GOAL OF THE EXERCISE:
In the entries that follow, the line with "unfolding ready_or_timeout pure raise" opens the range and the line with "(sym (ap (λ" closes it; repeat that range exactly, both lines included.

☆ ☆ ☆ ☆ ☆ ☆ ☆

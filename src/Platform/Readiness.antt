-- ===== src/Platform/Readiness.antt =====
-- What `wait_ready` promises: a status that it returns meets the requirements, and is what the last
-- round of probes saw.
use canokey_usbip.Host.Plain.{free}
use canokey_usbip.Prelude.{
  String, ◌≡◌, ◌*◌, if◌then◌else◌, ◌∙◌, refl, sym, ap, Bool, true, false, not, ◌&&◌, ◌||◌, Option,
  none, some, List, [], ◌∷◌, arith, contains, lookup, is_empty, eq_iff, ◌==◌, Bool-cases, inl, inr,
  ℕ,
}
use canokey_usbip.Host.{History, Env, Exec, Result, ok, pure, raise, gets, continue, ◌>>=◌}
use canokey_usbip.Host.Inversion.{bind-ok}
use canokey_usbip.Host.Polling.{Probe, stop, go_on, Waited, found, expired, poll_for}
use canokey_usbip.Host.Polling.Found.{poll_for-found}
use canokey_usbip.Platform.State.{Platform}
use canokey_usbip.Platform.Ready.{
  Status, Requirements, picked, pick, default_requirements, all_requirements, requirement_status,
  all_ready, probe_status, check_ready, ready_or_timeout, wait_ready,
}
use canokey_usbip.Platform.Reading.{check_ready-Gentle, wait_ready-Gentle, probe_status-Gentle}

-- Where `name` is asked for, the layer is there.
abbrev pub asks : List String → String → Bool → Bool
asks names name layer = not (contains names name) || layer

-- The layers that the requirements ask for are there; with no requirement, all of them.
abbrev pub meets : List String → Status → Bool
meets [] s =
    s.usb && s.ccid_interface && s.hid_interface && s.webusb_interface && s.hidraw && s.pcsc
meets (n ∷ ns) s =
    asks (n ∷ ns) "usb" s.usb
    && asks (n ∷ ns) "ccid" s.ccid_interface
    && asks (n ∷ ns) "hid" (s.hid_interface && s.hidraw)
    && asks (n ∷ ns) "webusb" s.webusb_interface
    && asks (n ∷ ns) "pcsc" (s.pcsc_checked && not (is_empty s.pcsc_readers))

-- How a round ends.
abbrev verdict : Bool → Status → Requirements → Probe (Requirements × Option Status) Status
verdict ready s rs = if ready then stop s else go_on (rs, some s)

abbrev Triple : Type 0 → Type 0
Triple A = Result A × Platform × History

-- The pair that comes first is ready, and so are the others.
picked-ready :
    (n : String) (o : Option Bool) (rest : Exec Platform Requirements) (p : Platform) (t : History)
    (rs : Requirements)
    → (picked n o rest p t).0 ≡ ok rs
    → all_ready rs ≡ true
    → (o ≡ some true)
      × (others : Requirements) × ((rest p t).0 ≡ ok others)
      × (all_ready others ≡ true)
unfolding picked pure raise
picked-ready n none rest p t rs e r = absurd (cc)
picked-ready n (some ready) rest p t rs e r =
    let (others, p', t', ran, same) =
      bind-ok rest (λ others. pure ((n, ready) ∷ others)) p t rs e in
    let out = ap (λ (x : Triple Requirements). x.0) same in
    let shape : rs ≡ (n, ready) ∷ others = cc in
    let both : (ready && all_ready others) ≡ true = rw shape at r in
    (ground arith, others, ap (λ (x : Triple Requirements). x.0) ran, ground arith)

-- A name that is picked from the table has its flag among those that decide.
pick-ready :
    (table : Requirements) (names : List String) (p : Platform) (t : History) (rs : Requirements)
    (name : String)
    → (pick table names p t).0 ≡ ok rs
    → all_ready rs ≡ true
    → contains names name ≡ true
    → lookup name table ≡ some true
unfolding pick
pick-ready table [] p t rs name e r h = absurd (cc)
pick-ready table (n ∷ ns) p t rs name e r h =
    let (head, others, ran, ready) = picked-ready n (lookup n table) (pick table ns) p t rs e r in
    elim (Bool-cases (n == name)) [
      | inl here ↦ rw (← (eq_iff n name).0 here) head
      | inr there ↦ pick-ready table ns p t others name ran ready (rw there at h)
    ]

asks_lem :
    (names : List String) (name : String) (layer : Bool)
    → (contains names name ≡ true → layer ≡ true)
    → asks names name layer ≡ true
asks_lem names name layer k = elim (Bool-cases (contains names name)) [
  | inl h ↦ rw (h, k h)
  | inr h ↦ rw h
]

-- All that decide are ready: the status meets the requirements.
requirement_status-meets :
    (names : List String) (s : Status) (p : Platform) (t : History) (rs : Requirements)
    → (requirement_status names s p t).0 ≡ ok rs
    → all_ready rs ≡ true
    → meets names s ≡ true
unfolding requirement_status default_requirements all_requirements pure
requirement_status-meets [] s p t rs e r = ground arith
requirement_status-meets (n ∷ ns) s p t rs e r =
    let picks = λ (name : String). pick-ready (all_requirements s) (n ∷ ns) p t rs name e r in
    let usb = asks_lem (n ∷ ns) "usb" s.usb (λ h. cc (picks "usb" h)) in
    let ccid = asks_lem (n ∷ ns) "ccid" s.ccid_interface (λ h. cc (picks "ccid" h)) in
    let hid = asks_lem (n ∷ ns) "hid" (s.hid_interface && s.hidraw) (λ h. cc (picks "hid" h)) in
    let webusb = asks_lem (n ∷ ns) "webusb" s.webusb_interface (λ h. cc (picks "webusb" h)) in
    let pcsc =
      asks_lem (n ∷ ns) "pcsc" (s.pcsc_checked && not (is_empty s.pcsc_readers))
        (λ h. cc (picks "pcsc" h)) in
    rw (usb, ccid, hid, webusb, pcsc)

module _ ⦃host : Env⦄ where
  waited-ready :
      (timeout : ℕ) (w : Waited (Requirements × Option Status) Status) (p : Platform) (t : History)
      (s : Status)
      → (ready_or_timeout timeout w p t).0 ≡ ok s
      → (w ≡ found s)
        × ((ready_or_timeout timeout w p t).1 ≡ p)
        × ((ready_or_timeout timeout w p t).2 ≡ t)
  unfolding ready_or_timeout pure raise
  waited-ready timeout (found a) p t s e = (cc, refl, refl)
  waited-ready timeout (expired (rs, last)) p t s e = absurd (cc)

  probe_status-same :
      (p p' : Platform) (t t' : History) (s : Status) → probe_status p t ≡ (ok s, p', t') → p' ≡ p
  probe_status-same p p' t t' s e =
      sym (ap (λ (x : Triple Status). x.1) e)
      ∙ (probe_status-Gentle {D = Unit {0}} free {I = λ q. q ≡ p}).state p t refl

  choice :
      (ready : Bool) (s s₁ : Status) (rs : Requirements)
      → ok (verdict ready s₁ rs) ≡ ok (stop s)
      → (ready ≡ true) × (s₁ ≡ s)
  choice true s s₁ rs e = (refl, cc)
  choice false s s₁ rs e = absurd (cc)

  round-meets :
      (s s₁ : Status) (p p₁ : Platform) (t t₁ : History) (rs : Requirements)
      → probe_status p t ≡ (ok s₁, p₁, t₁)
      → (requirement_status p₁.readiness_requirements s₁ p₁ t₁).0 ≡ ok rs
      → ok (verdict (all_ready rs) s₁ rs) ≡ ok (stop s)
      → (meets p.readiness_requirements s ≡ true)
        × (u : History) × (probe_status p t ≡ (ok s, p, u))
  round-meets s s₁ p p₁ t t₁ rs ran decided e =
      let (ready, same) = choice (all_ready rs) s s₁ rs e in
      let kept = probe_status-same p p₁ t t₁ s₁ ran in
      let m = requirement_status-meets p₁.readiness_requirements s₁ p₁ t₁ rs decided ready in
      (rw (kept, same) at m, t₁, rw (kept, same) at ran)

  -- A round that stops has seen a status that meets the requirements.
  check_ready-meets :
      (last : Requirements × Option Status) (p : Platform) (t : History) (s : Status)
      → (check_ready last p t).0 ≡ ok (stop s)
      → (meets p.readiness_requirements s ≡ true)
        × (u : History) × (probe_status p t ≡ (ok s, p, u))
  unfolding check_ready gets ◌>>=◌ continue pure
  check_ready-meets last p t s e =
      let (s₁, p₁, t₁, ran, same) = bind-ok probe_status _ p t (stop s) e in
      let kept = probe_status-same p p₁ t t₁ s₁ ran in
      let (rs, p₂, t₂, ran', same') =
        bind-ok (requirement_status p₁.readiness_requirements s₁)
          (λ rs. pure (verdict (all_ready rs) s₁ rs)) p₁ t₁ (stop s)
          (sym (ap (λ (x : Triple (Probe (Requirements × Option Status) Status)). x.0) same) ∙ e) in
      let out = ap (λ (x : Triple (Probe (Requirements × Option Status) Status)). x.0) same in
      let out' = ap (λ (x : Triple (Probe (Requirements × Option Status) Status)). x.0) same' in
      round-meets s s₁ p p₁ t t₁ rs ran (ap (λ (x : Triple Requirements). x.0) ran')
        (sym out' ∙ sym out ∙ e)

  for_same :
      (p q : Platform) (u u' : History) (s : Status)
      → q ≡ p
      → meets q.readiness_requirements s ≡ true
      → probe_status q u ≡ (ok s, q, u')
      → (meets p.readiness_requirements s ≡ true) × (probe_status p u ≡ (ok s, p, u'))
  for_same p q u u' s same met seen = (rw same at met, rw same at seen)

  -- A status that `wait_ready` returns meets the platform's requirements, and is what one round of
  -- probes has seen; the platform's fields are as before.
  pub wait_ready-meets :
      (p : Platform) (t : History) (s : Status)
      → (wait_ready p t).0 ≡ ok s
      → (meets p.readiness_requirements s ≡ true)
        × ((wait_ready p t).1 ≡ p)
        × (u : History) × (u' : History) × (probe_status p u ≡ (ok s, p, u'))
  unfolding wait_ready gets ◌>>=◌ continue
  wait_ready-meets p t s e =
      let (w, q, u, ran, same) =
        bind-ok (poll_for (p.timeout * 1000) 250 ([], none) check_ready)
          (ready_or_timeout p.timeout) p t s e in
      let out = ap (λ (x : Triple Status). x.0) same in
      let (which, where_p, where_t) = waited-ready p.timeout w q u s (sym out ∙ e) in
      let probes =
        poll_for-found check_ready 250 (check_ready-Gentle {D = Unit {0}} free {I = λ r. r ≡ p}) s
          (p.timeout * 1000) ([], none) p t refl
          (ap (λ (x : Triple (Waited (Requirements × Option Status) Status)). x.0) ran
            ∙ ap ok which) in
      let (met, u', seen) =
        check_ready-meets probes.left probes.state probes.history s
          (ap (λ (x : Triple (Probe (Requirements × Option Status) Status)). x.0) probes.stopped) in
      let unchanged = (wait_ready-Gentle {D = Unit {0}} free {I = λ r. r ≡ p}).state p t refl in
      let (met', seen') = for_same p probes.state probes.history u' s probes.inside met seen in
      (met', unchanged, probes.history, u', seen')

☆ ☆ ☆ ☆ ☆ ☆ ☆

SOLUTION FOR THIS PROBLEM:
  unfolding ready_or_timeout pure raise
  waited-ready timeout (found a) p t s e = (cc, refl, refl)
  waited-ready timeout (expired (rs, last)) p t s e = absurd (cc)

  probe_status-same :
      (p p' : Platform) (t t' : History) (s : Status) → probe_status p t ≡ (ok s, p', t') → p' ≡ p
  probe_status-same p p' t t' s e =
      sym (ap (λ (x : Triple Status). x.1) e)
      ∙ (probe_status-Gentle {D = Unit {0}} free {I = λ q. q ≡ p}).state p t refl

  choice :
      (ready : Bool) (s s₁ : Status) (rs : Requirements)
      → ok (verdict ready s₁ rs) ≡ ok (stop s)
      → (ready ≡ true) × (s₁ ≡ s)
  choice true s s₁ rs e = (refl, cc)
  choice false s s₁ rs e = absurd (cc)

  round-meets :
      (s s₁ : Status) (p p₁ : Platform) (t t₁ : History) (rs : Requirements)
      → probe_status p t ≡ (ok s₁, p₁, t₁)
      → (requirement_status p₁.readiness_requirements s₁ p₁ t₁).0 ≡ ok rs
      → ok (verdict (all_ready rs) s₁ rs) ≡ ok (stop s)
      → (meets p.readiness_requirements s ≡ true)
        × (u : History) × (probe_status p t ≡ (ok s, p, u))
  round-meets s s₁ p p₁ t t₁ rs ran decided e =
      let (ready, same) = choice (all_ready rs) s s₁ rs e in
      let kept = probe_status-same p p₁ t t₁ s₁ ran in
      let m = requirement_status-meets p₁.readiness_requirements s₁ p₁ t₁ rs decided ready in
      (rw (kept, same) at m, t₁, rw (kept, same) at ran)

  -- A round that stops has seen a status that meets the requirements.
  check_ready-meets :
      (last : Requirements × Option Status) (p : Platform) (t : History) (s : Status)
      → (check_ready last p t).0 ≡ ok (stop s)
      → (meets p.readiness_requirements s ≡ true)
        × (u : History) × (probe_status p t ≡ (ok s, p, u))
  unfolding check_ready gets ◌>>=◌ continue pure
  check_ready-meets last p t s e =
      let (s₁, p₁, t₁, ran, same) = bind-ok probe_status _ p t (stop s) e in
      let kept = probe_status-same p p₁ t t₁ s₁ ran in
      let (rs, p₂, t₂, ran', same') =
        bind-ok (requirement_status p₁.readiness_requirements s₁)
          (λ rs. pure (verdict (all_ready rs) s₁ rs)) p₁ t₁ (stop s)
          (sym (ap (λ (x : Triple (Probe (Requirements × Option Status) Status)). x.0) same) ∙ e) in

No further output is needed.